F : Es ging vor allem um die Arbeitsqualifikation ?
Ja, nur das hat ihn interessiert. Und ich war der Übersetzer...

 

 

Der Marstall war etwa eine Woche ein lang erstes  Quartier für die wahrscheinlich 700 Männer und Jungen aus den Vogesen.

Zwangsarbeit in Sinsheim bei Rau

 

Ich kam nach Sinsheim. Ich war mit dem alten Flaschner Jean Idoux in Sinsheim, wir waren zu zweit zusammen. Wir haben zuerst bei der Mutter des Fabrikchefs gewohnt. Wir waren zur Arbeit der Blechnerei Rau, welche große Gasbehälter fabrizierte, zur Produktion von Elektrizität, um Generatoren zum Laufen zu bringen, also eine Generatorenbau-Fabrik. Sie haben die elektrischen Generatoren durch gasbetriebene ersetzt, wir waren Generatorenbauer. Ich war an eine mechanische Säge gestellt worden und sägte den ganzen Tag Metallstücke. Es gab da Kriegsgefangene und auch Deutsche, deutsche Angestellte. Der Betrieb war ziemlich groß, es waren 70 bis 80 Personen. 
Aber ich hatte trotzdem zu lachen, denn es gab da einen Berliner. Er ließ uns Holzstücke sägen. Er hatte mir eines als Maßstab gegeben. Gut, ich habe gemessen, ich habe, was weiß ich, wie viele hundert gesägt. Und als er sie gebraucht hat, waren sie zu kurz. Aber er hat nichts zu mir gesagt, der Kerl! Er warf alles in die Elsenz, das war der Bach da in Sinsheim, und er sagte zu niemand etwas.
Die [französischen] Kriegsgefangenen haben uns Tabak gegeben, denn wir hatten nichts, nur das war wir auf dem Leib trugen.

Der Metallbetrieb Rau existiert heute noch an anderer Stelle als Rau-Streckgitter GmbH.

 

F : Es waren mehr Leute aus Raon da?
Ja, Jean Idoux  war mit mir, und ein anderer, der eigentlich  aus Nancy stammte : er hieß Maurice Thomas. Er war vielleicht 40, er war älter.

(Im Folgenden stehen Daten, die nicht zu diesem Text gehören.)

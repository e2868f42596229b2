-- ===== src/Store/Lifecycle/Dispatch.antt =====
-- The attempts that a run of the store hands out.
use jobqueue.Common.{
  ◌==◌, if◌then◌else◌, Bool-cases, some_injective, All, ℤ, Text, ℕ, suc, ◌+◌, ◌≤◌, ◌<◌, ◌≡◌, refl,
  sym, ap, ◌∙◌, ◌⊎◌, inl, inr, Bool, some, List, [], ◌∷◌, ◌++◌, arith,
}
use jobqueue.Jobs.{Job, Result, ok, err}
use jobqueue.Jobs.Backoff.{BackoffConfig}
use jobqueue.Store.{find, has_id, Db, Clock}
use jobqueue.Store.Rows.{find-All, All-mono}
use jobqueue.Store.Claim.{claim_row, claim}
use jobqueue.Store.Claim.Outcome.{Promises, claim-Promises}
use jobqueue.Store.Machine.{
  step, Call, creates, claims, renews, completes, fails, cancels, reaps, registers, beats,
}
use jobqueue.Store.Invariant.{IsSound, IsWellFormed}
use jobqueue.Store.Lifecycle.{Edge, Moves, stay, dispatch, extend, finish, retry, give_up, withdraw}
use jobqueue.Store.Lifecycle.Steps.{step-Follows}
use jobqueue.Store.Invariant.Runs.{step-IsWellFormed}

-- The dispatch of a call: the job and the number of the attempt, if it is a claim that succeeds.
abbrev pub handed : Result Job → List (ℕ × ℕ)
handed (ok j) = (j.id, j.attempts) ∷ []
handed (err e) = []

unfoldable pub dispatched : Db → Clock × Call → List (ℕ × ℕ)
dispatched db (c, claims locked w lease) = handed (claim c locked w lease db).0
dispatched db _ = []

-- The attempts of a job that are still in the log rise.
abbrev pub Rising : List (ℕ × ℕ) → Type 0
Rising [] = Unit {0}
Rising (d ∷ ds) = All (λ e. e.0 ≡ d.0 → d.1 < e.1) ds × Rising ds

abbrev pub count_of : ℕ → List (ℕ × ℕ) → ℕ
count_of i [] = 0
count_of i (d ∷ ds) = if d.0 == i then suc (count_of i ds) else count_of i ds

module _ (backoff : BackoffConfig) where
  -- Everything that a run hands out, in order.
  unfoldable pub dispatches : Db → List (Clock × Call) → List (ℕ × ℕ)
  unfolding dispatched
  dispatches db [] = []
  dispatches db (s ∷ ss) = dispatched db s ++ dispatches (step backoff db s) ss

  -- A dispatch numbers the row's attempts, which it has raised by one.
  record IsDispatch (db : Db) (s : Clock × Call) (i : ℕ) : Type 0 where
    before : Job
    after : Job
    was : find (has_id i) db.jobs ≡ some before
    is : find (has_id i) (step backoff db s).jobs ≡ some after
    raised : after.attempts ≡ before.attempts + 1
    entry : dispatched db s ≡ (i, after.attempts) ∷ []

  abbrev Dispatches : Db → Clock × Call → Type 0
  Dispatches db s = (dispatched db s ≡ []) ⊎ ((i : ℕ) × IsDispatch db s i)

  claim-Dispatches :
      (c : Clock) (locked : ℕ → Bool) (w : Text) (lease : ℤ) (db : Db) (r : Result Job × Db)
      → claim c locked w lease db ≡ r
      → Promises c locked w lease db r
      → Dispatches db (c, claims locked w lease)
  unfolding dispatched step claim_row
  claim-Dispatches c locked w lease db (ok k, db') e p = inr (
    p.0.id,
    record {
      before = p.0;
      after = k;
      was = p.1.stored;
      is = ap (λ (x : Result Job × Db). find (has_id p.0.id) x.1.jobs) e ∙ p.3;
      raised = ap (λ (x : Job). x.attempts) p.2;
      entry =
          ap (λ (x : Result Job × Db). handed x.0) e
          ∙ ap (λ (n : ℕ). (n, k.attempts) ∷ []) (ap (λ (x : Job). x.id) p.2);
    },
  )
  claim-Dispatches c locked w lease db (err x, db') e p = inl (rw e)

  step-Dispatches : (db : Db) (s : Clock × Call) → IsWellFormed db → Dispatches db s
  unfolding dispatched
  step-Dispatches db (c, claims locked w lease) v =
      claim-Dispatches c locked w lease db (claim c locked w lease db) refl
        (claim-Promises c locked w lease db v.ids)
  step-Dispatches db (c, creates type payload n) v = inl refl
  step-Dispatches db (c, renews i w lease) v = inl refl
  step-Dispatches db (c, completes i w res) v = inl refl
  step-Dispatches db (c, fails attempts i w res) v = inl refl
  step-Dispatches db (c, cancels i) v = inl refl
  step-Dispatches db (c, reaps locked batch) v = inl refl
  step-Dispatches db (c, registers w hostname) v = inl refl
  step-Dispatches db (c, beats w) v = inl refl

  Edge-attempts : (j k : Job) → Edge j k → j.attempts ≤ k.attempts
  Edge-attempts j k (stay e) = ground arith
  Edge-attempts j k (dispatch a b c d) = omega arith
  Edge-attempts j k (extend a b c d) = omega arith
  Edge-attempts j k (finish a b c d) = omega arith
  Edge-attempts j k (retry a b c d e) = omega arith
  Edge-attempts j k (give_up a b c d e) = omega arith
  Edge-attempts j k (withdraw a b c) = omega arith

  -- What the rest of a run hands out of a job has higher numbers than its row.
  dispatches_above :
      (db : Db) (ss : List (Clock × Call)) (i : ℕ) (j : Job)
      → IsWellFormed db
      → find (has_id i) db.jobs ≡ some j
      → All (λ e. e.0 ≡ i → j.attempts < e.1) (dispatches db ss)
  unfolding dispatches
  dispatches_above db [] i j v s = tt
  dispatches_above db (x ∷ xs) i j v s =
      let (k, e, m) = step-Follows backoff db x v i j s in
      let rest =
        All-mono (λ d. d.0 ≡ i → k.attempts < d.1) (λ d. d.0 ≡ i → j.attempts < d.1)
          (λ d h e. omega (arith, h e, Edge-attempts j k m.edge))
          (dispatches (step backoff db x) xs)
          (dispatches_above (step backoff db x) xs i k (step-IsWellFormed backoff db x v) e) in
      elim (step-Dispatches db x v) [
        | inl none_out ↦ rw none_out rest
        | inr (n, d) ↦ rw d.entry (
          (λ (h : n ≡ i).
              let same : d.before ≡ j =
                some_injective (sym d.was ∙ ap (λ n. find (has_id n) db.jobs) h ∙ s) in
              omega (arith, d.raised, ap (λ y. y.attempts) same)),
          rest,
        )
      ]

  -- Of any run from a well-formed database: no attempt of a job is handed out twice, and the numbers of
  -- the attempts handed out of one job rise.
  pub dispatches-Rising :
      (db : Db) (ss : List (Clock × Call)) → IsWellFormed db → Rising (dispatches db ss)
  unfolding dispatches
  dispatches-Rising db [] v = tt
  dispatches-Rising db (x ∷ xs) v =
      let v' = step-IsWellFormed backoff db x v in
      let rest = dispatches-Rising (step backoff db x) xs v' in
      elim (step-Dispatches db x v) [
        | inl none_out ↦ rw none_out rest
        | inr (n, d) ↦ rw d.entry (dispatches_above (step backoff db x) xs n d.after v' d.is, rest)
      ]

  dispatched_count :
      (db : Db) (s : Clock × Call) (i : ℕ) (j k : Job)
      → IsWellFormed db
      → find (has_id i) db.jobs ≡ some j
      → find (has_id i) (step backoff db s).jobs ≡ some k
      → Moves j k
      → count_of i (dispatched db s) + j.attempts ≤ k.attempts
  dispatched_count db s i j k v was is m = elim (step-Dispatches db s v) [
    | inl none_out ↦ rw none_out (omega (arith, Edge-attempts j k m.edge))
    | inr (n, d) ↦ elim (Bool-cases (n == i)) [
      | inl y ↦
          let h : n ≡ i = ground arith in
          let b : d.before ≡ j =
            some_injective (sym d.was ∙ ap (λ n. find (has_id n) db.jobs) h ∙ was) in
          let a : d.after ≡ k =
            some_injective (sym d.is ∙ ap (λ n. find (has_id n) (step backoff db s).jobs) h ∙ is) in
          rw (d.entry, y)
            (omega
              (arith, d.raised, ap (λ (x : Job). x.attempts) a, ap (λ (x : Job). x.attempts) b))
      | inr y ↦ rw (d.entry, y) (omega (arith, Edge-attempts j k m.edge))
    ]
  ]

  count_of-append :
      (i : ℕ) (ds es : List (ℕ × ℕ)) → count_of i (ds ++ es) ≡ count_of i ds + count_of i es
  count_of-append i [] es = omega arith
  count_of-append i (d ∷ ds) es = ground (arith, count_of-append i ds es)

  -- From any well-formed database a run hands a stored job out at most as often as its budget has
  -- attempts left.
  pub dispatches_budget :
      (db : Db) (ss : List (Clock × Call)) (i : ℕ) (j : Job)
      → IsWellFormed db
      → find (has_id i) db.jobs ≡ some j
      → count_of i (dispatches db ss) + j.attempts ≤ j.max_attempts
  unfolding dispatches
  dispatches_budget db [] i j v s =
      omega (arith, (find-All IsSound (has_id i) db.jobs s v.rows).budget)
  dispatches_budget db (x ∷ xs) i j v s =
      let (k, e, m) = step-Follows backoff db x v i j s in
      omega (
        arith,
        count_of-append i (dispatched db x) (dispatches (step backoff db x) xs),
        dispatched_count db x i j k v s e m,
        dispatches_budget (step backoff db x) xs i k (step-IsWellFormed backoff db x v) e,
        m.same_budget,
      )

Wir waren aus dem Raon-Transport insgesamt zu sechst der Blechnerei zugewiesen worden, an die Namen erinnere ich mich nicht mehr.
F : Gab es mehr Vogesen-Leute in Sinsheim ?
Ja, ich erinnere mich an einen Lehrer, der in einem kleinen Betrieb nebendran gearbeitet hat, an den Namen erinnere ich mich nicht mehr. Idoux und ich haben zuerst in der Wohnung der Mutter des Chefs geschlafen. Sie war freundlich, wir hatten ein Zimmer bei dieser Dame. An Weihnachten waren wir noch bei der Mutter des Chefs, wir waren da zu Anfang in dem Zimmer, das ging zwei Monate lang.
Und erst danach wurden wir in den Keller der Fabrik gesteckt, da gab es Stockwerksbetten, wissen Sie,  und Stroh. Da waren Russen, Ukrainer, Franzosen, alle zusammen.
Wir waren sechs Monate ohne Nachrichten von der Familie, und damals war ich schon verheiratet.